Values of type char are considered to be signed quantities, and
widening a char to an int requires sign extension.
String Constants
A string constant "a_1 ... a_n"
is an array of characters containing n+1 elements, whose first n
elements are the corresponding characters in the string, and whose last
element is the NUL
character \0.
Arrays
An arrays of size n consists of n elements, each occupying
an amount of storage equal to that required for the type of the array
element, laid out contiguously in memory.
4.2. Expressions
4.2.1. Order of Evaluation
4.2.2. Type Conversion
If an object of type char is part of an expression, its value is converted
(sign extended) to a value of type int before the expression is evaluated.
Array Indexing
Arrays are zero-based, i.e.,
the elements of an array of n elements are indexed from 0 to n-1.
The result of indexing into an array with an out-of-range index is left
unspecified.
4.3. Assignment Statements
Order of Evaluation
The order in which the left
and right hand sides of an assignment are evaluated is left unspecified.
Type Conversion
A value of type char is converted (sign extended) to a 32-bit quantity
before it is assigned to an object of type int.
A value of type int is converted (truncated) to an 8-bit quantity,
by discarding the top 24 bits, before it is assigned to an object of type
char.
4.4. Functions
4.4.1. Evaluation of Actuals
The order in which the actual
parameters in a function call are evaluated is unspecified.
4.4.2. Parameter Passing
Scalar values are passed by value, while arrays (and string constants,
which are represented as arrays of characters) are passed by reference.
An object of type char is converted (sign extended) to a 32-bit
quantity before it is passed as an actual parameter to a function.
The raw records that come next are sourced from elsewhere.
-- ===== src/Lifecycle/Timeline/Moves.antt =====
-- `apply_values` keeps the timeline.
use iceberg_ttx.Prelude.{
  ℕ, ◌≤◌, not, List, [], ◌∷◌, ◌++◌, none, some, ◌≡◌, ◌≢◌, ◌⊎◌, refl, ◌∙◌, arith, inl, inr,
  Option-cases, ◌==◌, ==→≡, is_some, All-append, Bool-cases,
}
use iceberg_ttx.Prelude.Int.{pos, ◌+ℤ◌, ◌-ℤ◌, ◌≤ℤ◌, int_laws}
use iceberg_ttx.Models.Enums.{draft, active, paused, completed, exercise_state_eq}
use iceberg_ttx.Models.Exercise.{Exercise, ExerciseStateTransition}
use iceberg_ttx.Lifecycle.States.{Step, Step-cases}
use iceberg_ttx.Lifecycle.Transition.{apply_values}
use iceberg_ttx.Lifecycle.Clock.{no_pause, scan_one, open_pause, or_now}
use iceberg_ttx.Lifecycle.Timeline.{
  last_state, scan_all, last_state-snoc, scan_all-snoc, Before, After, accounted_until, IsTimeline,
  IsSorted-snoc, Before-snoc,
}

-- One step of a lifecycle, on a row that nobody else has changed since it was loaded.
module _ (e : Exercise) (h : List ExerciseStateTransition) (t : ExerciseStateTransition)
    (step : Step e.state t.to_state) (from : t.from_state ≡ e.state) (line : IsTimeline e h)
    (later : Before t.transitioned_at h) where
  abbrev moved : Exercise
  moved = apply_values e t.to_state t.transitioned_at e

  not_completed : e.state ≢ completed
  not_completed q = ground (arith, Step-cases step)

  moved-ends : last_state draft (h ++ t ∷ []) ≡ moved.state
  unfolding apply_values
  moved-ends = last_state-snoc draft h t

  moved-started : is_some moved.started_at ≡ not (moved.state == draft)
  unfolding apply_values
  moved-started = ground (arith, Step-cases step, line.started)

  moved-ended : is_some moved.ended_at ≡ (moved.state == completed)
  unfolding apply_values
  moved-ended = ground (arith, Step-cases step, line.ended)

  moved-closed :
      moved.state ≢ completed
      → moved.accumulated_pause_seconds ≡ (scan_all no_pause (h ++ t ∷ [])).paused_seconds
  unfolding apply_values scan_one
  moved-closed ne = rw (scan_all-snoc no_pause h t) (
      ground (
        arith,
        Step-cases step,
        line.closed not_completed,
        line.still_open not_completed,
        line.while_paused not_completed,
      ))

  moved-still_open :
      moved.state ≢ completed → moved.paused_at ≡ (scan_all no_pause (h ++ t ∷ [])).pause_started
  unfolding apply_values scan_one
  moved-still_open ne = rw (scan_all-snoc no_pause h t) (
      ground
        (arith, Step-cases step, line.still_open not_completed, line.while_paused not_completed))

  moved-while_paused : moved.state ≢ completed → is_some moved.paused_at ≡ (moved.state == paused)
  unfolding apply_values
  moved-while_paused ne = ground (arith, Step-cases step, line.while_paused not_completed)

  moved-total :
      moved.state ≡ completed
      → (scan_all no_pause (h ++ t ∷ [])).paused_seconds
        ≡ moved.accumulated_pause_seconds +ℤ open_pause moved.paused_at (or_now moved.ended_at 0)
  unfolding apply_values scan_one ◌+ℤ◌ ◌-ℤ◌
  moved-total q = rw (scan_all-snoc no_pause h t) (
      ground (
        arith,
        Step-cases step,
        line.closed not_completed,
        line.still_open not_completed,
        line.while_paused not_completed,
      ))

  moved-settled : moved.state ≡ completed → (scan_all no_pause (h ++ t ∷ [])).pause_started ≡ none
  unfolding apply_values scan_one
  moved-settled q = rw (scan_all-snoc no_pause h t) (
      ground
        (arith, Step-cases step, line.still_open not_completed, line.while_paused not_completed))

  -- A first start, on an empty history, or a start that is kept.
  started-cases :
      (s : ℕ)
      → moved.started_at ≡ some s
      → ((h ≡ []) × (e.state ≡ draft) × (s ≡ t.transitioned_at)) ⊎ (e.started_at ≡ some s)
  unfolding apply_values
  started-cases s q = elim (Step-cases step) [
    | inl (a, b) ↦ inl (line.drafted a, a, ground (arith, line.started))
    | inr other ↦ inr (ground (arith, line.started))
  ]

  moved-since : (s : ℕ) → moved.started_at ≡ some s → After s (h ++ t ∷ [])
  moved-since s q = elim (started-cases s q) [
    | inl (nil, _, first) ↦ rw nil (omega arith, tt)
    | inr kept ↦
        All-append _ h (t ∷ []) (line.since s kept)
          (line.start_first s t.transitioned_at kept later, tt)
  ]

  moved-start_first : (s m : ℕ) → moved.started_at ≡ some s → Before m (h ++ t ∷ []) → s ≤ m
  moved-start_first s m q b =
      let (_, last) = Before-snoc h t b in
      elim (started-cases s q) [
        | inl (_, _, first) ↦ omega arith
        | inr kept ↦ omega (arith, line.start_first s t.transitioned_at kept later)
      ]

  moved-ended_last : (x m : ℕ) → moved.ended_at ≡ some x → Before m (h ++ t ∷ []) → x ≤ m
  unfolding apply_values
  moved-ended_last x m q b =
      let (_, last) = Before-snoc h t b in ground (arith, Step-cases step, line.ended)

  moved-pause_kept : (p m : ℕ) → moved.paused_at ≡ some p → Before m (h ++ t ∷ []) → p ≤ m
  unfolding apply_values
  moved-pause_kept p m q b =
      let (_, last) = Before-snoc h t b in
      elim (Step-cases step) [
        | inl (a, b) ↦ ground (arith, line.while_paused not_completed)
        | inr other ↦ ground (
          arith,
          other,
          line.pause_kept p t.transitioned_at,
          later,
          line.while_paused not_completed,
        )
      ]

  moved-pause_ended : (p x : ℕ) → moved.paused_at ≡ some p → moved.ended_at ≡ some x → p ≤ x
  unfolding apply_values
  moved-pause_ended p x q stop = elim (Bool-cases (t.to_state == completed)) [
    | inr on ↦ ground (arith, line.ended, not_completed)
    | inl over ↦
        let kept : e.paused_at ≡ some p = ground arith in
        let at_step : x ≡ t.transitioned_at = ground arith in
        rw at_step (line.pause_kept p t.transitioned_at kept later)
  ]

  -- Up to a step that does not run the clock again, the clock shows what it showed at the step.
  accounted_until-stays :
      (m : ℕ) → t.to_state ≢ active → accounted_until moved m ≡ accounted_until e t.transitioned_at
  unfolding apply_values
  accounted_until-stays m ne =
      ground (arith, Step-cases step, line.while_paused not_completed, line.ended)

  accounted_until-runs : (m : ℕ) → t.to_state ≡ active → accounted_until moved m ≡ m
  unfolding apply_values
  accounted_until-runs m up =
      ground (arith, Step-cases step, line.while_paused not_completed, line.ended)

  -- On a step back to active the accumulator takes in the pause; on a start there is none.
  runs-fits :
      (s m : ℕ)
      → t.to_state ≡ active
      → moved.started_at ≡ some s
      → t.transitioned_at ≤ m
      → moved.accumulated_pause_seconds +ℤ pos s ≤ℤ pos m
  runs-fits s m up q last = elim (started-cases s q) [
    | inl (nil, fresh, first) ↦
        let zero_acc : e.accumulated_pause_seconds ≡ pos 0 =
          line.closed not_completed ∙ rw nil (unfold scan_all in refl) in
        let kept : moved.accumulated_pause_seconds ≡ pos 0 =
          unfold apply_values in
          ground (arith, zero_acc, rw fresh at (line.while_paused not_completed)) in
        rw kept (omega int_laws)
    | inr kept_start ↦ elim (Option-cases e.paused_at) [
      | inl not_open ↦
          absurd (ground (arith, Step-cases step, line.while_paused not_completed, line.started))
      | inr (p, paused_p) ↦
          let before = rw paused_p at (line.fits s t.transitioned_at kept_start later) in
          unfold apply_values in rw (up, paused_p) (omega int_laws)
    ]
  ]

  moved-fits :
      (s m : ℕ)
      → moved.started_at ≡ some s
      → Before m (h ++ t ∷ [])
      → moved.accumulated_pause_seconds +ℤ pos s ≤ℤ pos (accounted_until moved m)
  moved-fits s m q b =
      let (before, last) = Before-snoc h t b in
      elim (Bool-cases (t.to_state == active)) [
        | inl up ↦
            let up' = ==→≡ t.to_state active up in
            rw (accounted_until-runs m up') (runs-fits s m up' q last)
        | inr down ↦
            let stays : t.to_state ≢ active = λ up. ground arith in
            let kept : moved.accumulated_pause_seconds ≡ e.accumulated_pause_seconds =
              unfold apply_values in rw down in
            let kept_start : e.started_at ≡ some s = unfold apply_values in rw down at q in
            rw (accounted_until-stays m stays, kept)
              (line.fits s t.transitioned_at kept_start later)
      ]

  -- The row that the update writes is on the history with the new transition.
  pub moved-IsTimeline : IsTimeline moved (h ++ t ∷ [])
  moved-IsTimeline = record {
    ends = moved-ends;
    ordered = IsSorted-snoc h t line.ordered later;
    started = moved-started;
    ended = moved-ended;
    since = moved-since;
    drafted = λ q. absurd (unfold apply_values in ground (arith, Step-cases step));
    start_first = moved-start_first;
    closed = moved-closed;
    total = moved-total;
    settled = moved-settled;
    still_open = moved-still_open;
    while_paused = moved-while_paused;
    pause_kept = moved-pause_kept;
    pause_ended = moved-pause_ended;
    ended_last = moved-ended_last;
    fits = moved-fits;
  }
Since a function that has a formal parameter of type char will, in
any case, be passed a 32-bit quantity as an actual, it must convert
(truncate) the actual to an 8-bit quantity before using it.
4.4.3. Return from a Function
Execution returns from a function if either an explicit return
statement is executed, or if execution "falls off" the end of the function
body. In the latter case, no value is returned.
4.5. Program Execution
Execution begins at a procedure named main().